Но всего через полгода после нашего переезда, когда я уже совершенно освоилась в цюрихской жизни, на горизонте возникла Прага. Престижный Немецкий университет Праги стал зазывать Альберта к себе, предлагая полную профессорскую степень по физике и должность директора Института теоретической физики. Я понимала, что для него это неотразимая приманка. Денег вдвое больше, полная профессура вместо статуса младшего профессора, да еще и должность главы Института теоретической физики — как он мог устоять? И все же я умоляла его не ломать нашу счастливую жизнь в Цюрихе, тем более что 28 июля 1910 года родился наш второй сын, Эдуард. Тет, как мы его называли, с рождения был очень болезненным, подхватывал одну детскую инфекцию за другой и очень плохо спал. Я беспокоилась, как отразится на нем жизнь в Праге, из-за бурной индустриализации приобретшей печальную известность грязного города. Почти год Альберт уступал моим желаниям и отказывался от этой работы, хотя и со все возрастающим недовольством.
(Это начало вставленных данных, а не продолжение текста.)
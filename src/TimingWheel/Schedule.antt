-- ===== src/TimingWheel/Schedule.antt =====
-- `schedule`: it keeps the wheel valid on every branch.
use chronos_x.Base.{
  ℕ, suc, ◌+◌, ◌≤◌, ◌<◌, ◌≡◌, sym, ◌∙◌, true, false, [], ◌∷◌, ◌++◌, arith, u64_mod, add64, leb, ltb,
  length, set, All-append, length-set, take-set_next, Bool-cases, inl, inr,
}
use chronos_x.Types.{is_power_of_two}
use chronos_x.Types.PowerOfTwo.{capacity_pos}
use chronos_x.TimingWheel.{
  DelayedFrame, Slot, TimingWheel, empty_slot, slot_index, slot_at, schedule_at, schedule,
  at_least_one,
}
use chronos_x.TimingWheel.Invariant.{
  total-set, entries, Timely, SlotOk, IsValid, index_lem, index-lt, slot_at-SlotOk, set-slots_ok,
}

module _ (slot_count max_frames : ℕ) where
  -- The frame is appended to its slot.
  pub entries_scheduled :
      (s : Slot) (f : DelayedFrame)
      → length s.frames ≡ max_frames
      → leb max_frames s.count ≡ false
      → entries (record { frames = set s.frames s.count f; count = suc s.count })
        ≡ entries s ++ f ∷ []
  entries_scheduled s f e h = take-set_next s.count s.frames f (ground arith)

  SlotOk-scheduled :
      (now i : ℕ) (s : Slot) (f : DelayedFrame)
      → SlotOk slot_count max_frames now i s
      → leb max_frames s.count ≡ false
      → Timely slot_count max_frames now i f
      → SlotOk slot_count max_frames now i
          (record { frames = set s.frames s.count f; count = suc s.count })
  SlotOk-scheduled now i s f v h t = record {
    size = length-set s.frames s.count f ∙ v.size;
    bounded = ground arith;
    timely =
        rw (entries_scheduled s f v.size h)
          (All-append (Timely slot_count max_frames now i) (entries s) (f ∷ []) v.timely (t, tt));
  }

  pub schedule_at-IsValid :
      (w : TimingWheel) (f : DelayedFrame)
      → w.current_tick < f.release_tick
      → f.release_tick ≤ w.current_tick + slot_count
      → IsValid slot_count max_frames w
      → IsValid slot_count max_frames (schedule_at slot_count max_frames w f).1
  unfolding schedule_at
  schedule_at-IsValid w f p q v =
      elim (Bool-cases (leb max_frames (slot_at slot_count max_frames w f.release_tick).count)) [
        | inl full ↦ rw full (record {
          power = v.power;
          slots_size = v.slots_size;
          expired_size = v.expired_size;
          slots_ok = v.slots_ok;
          pending = v.pending;
        })
        | inr room ↦ rw room (record {
          power = v.power;
          slots_size = length-set w.slots _ _ ∙ v.slots_size;
          expired_size = v.expired_size;
          slots_ok =
              set-slots_ok slot_count max_frames w.current_tick _ w.slots _
                (index-lt slot_count max_frames w f.release_tick v) (λ i h ne. v.slots_ok i h)
                (SlotOk-scheduled w.current_tick _ _ f
                  (slot_at-SlotOk slot_count max_frames w f.release_tick v) room own);
          pending = omega (
            arith,
            v.pending,
            total-set w.slots (slot_index slot_count f.release_tick) appended
                (empty_slot max_frames) (index-lt slot_count max_frames w f.release_tick v),
          );
        })
      ]
    where
      own : Timely slot_count max_frames w.current_tick (slot_index slot_count f.release_tick) f
      own = record {
        own_slot = sym (index_lem slot_count max_frames f.release_tick v.power);
        later = p;
        within = q;
      }

      appended : Slot
      appended =
          let slot = slot_at slot_count max_frames w f.release_tick in
          record { frames = set slot.frames slot.count f; count = suc slot.count }

  -- A delay that passes the test leads to a tick within one turn of the wheel.
  pub release_tick_lem :
      (w : TimingWheel) (delay : ℕ)
      → is_power_of_two slot_count ≡ true
      → w.current_tick + slot_count < u64_mod
      → ltb slot_count delay ≡ false
      → (add64 w.current_tick (at_least_one delay) ≡ w.current_tick + at_least_one delay)
        × (0 < at_least_one delay)
        × (at_least_one delay ≤ slot_count)
  release_tick_lem w delay p c h = ground (arith, capacity_pos slot_count p)

  -- `schedule` keeps a valid wheel valid, whatever it answers, while the tick counter is not within one
  -- turn of its end.
  pub schedule-IsValid :
      (w : TimingWheel) (f : DelayedFrame) (delay : ℕ)
      → w.current_tick + slot_count < u64_mod
      → IsValid slot_count max_frames w
      → IsValid slot_count max_frames (schedule slot_count max_frames w f delay).1
  unfolding schedule
  schedule-IsValid w f delay c v = elim (Bool-cases (ltb slot_count delay)) [
    | inl far ↦ rw far (record {
      power = v.power;
      slots_size = v.slots_size;
      expired_size = v.expired_size;
      slots_ok = v.slots_ok;
      pending = v.pending;
    })
    | inr near ↦
        let e = release_tick_lem w delay v.power c near in
        rw near (schedule_at-IsValid w _ (omega (arith, e)) (omega (arith, e)) v)
  ]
Я пыталась смягчить его досаду, расширяя наш мирок: помимо встреч с Адлерами стала устраивать регулярные воскресные музыкальные вечера с профессором Политехнического института Адольфом Гурвицем и его семьей. Мне хотелось напомнить Альберту о волшебстве Цюриха и вновь сблизиться через нашу общую любовь к музыке. Но ничто не могло развеять его мрачное настроение.

Желание получить работу в Праге отвратило его от Цюриха. А из-за того, что я не хотела ехать в Прагу, он стал еще хуже относиться ко мне.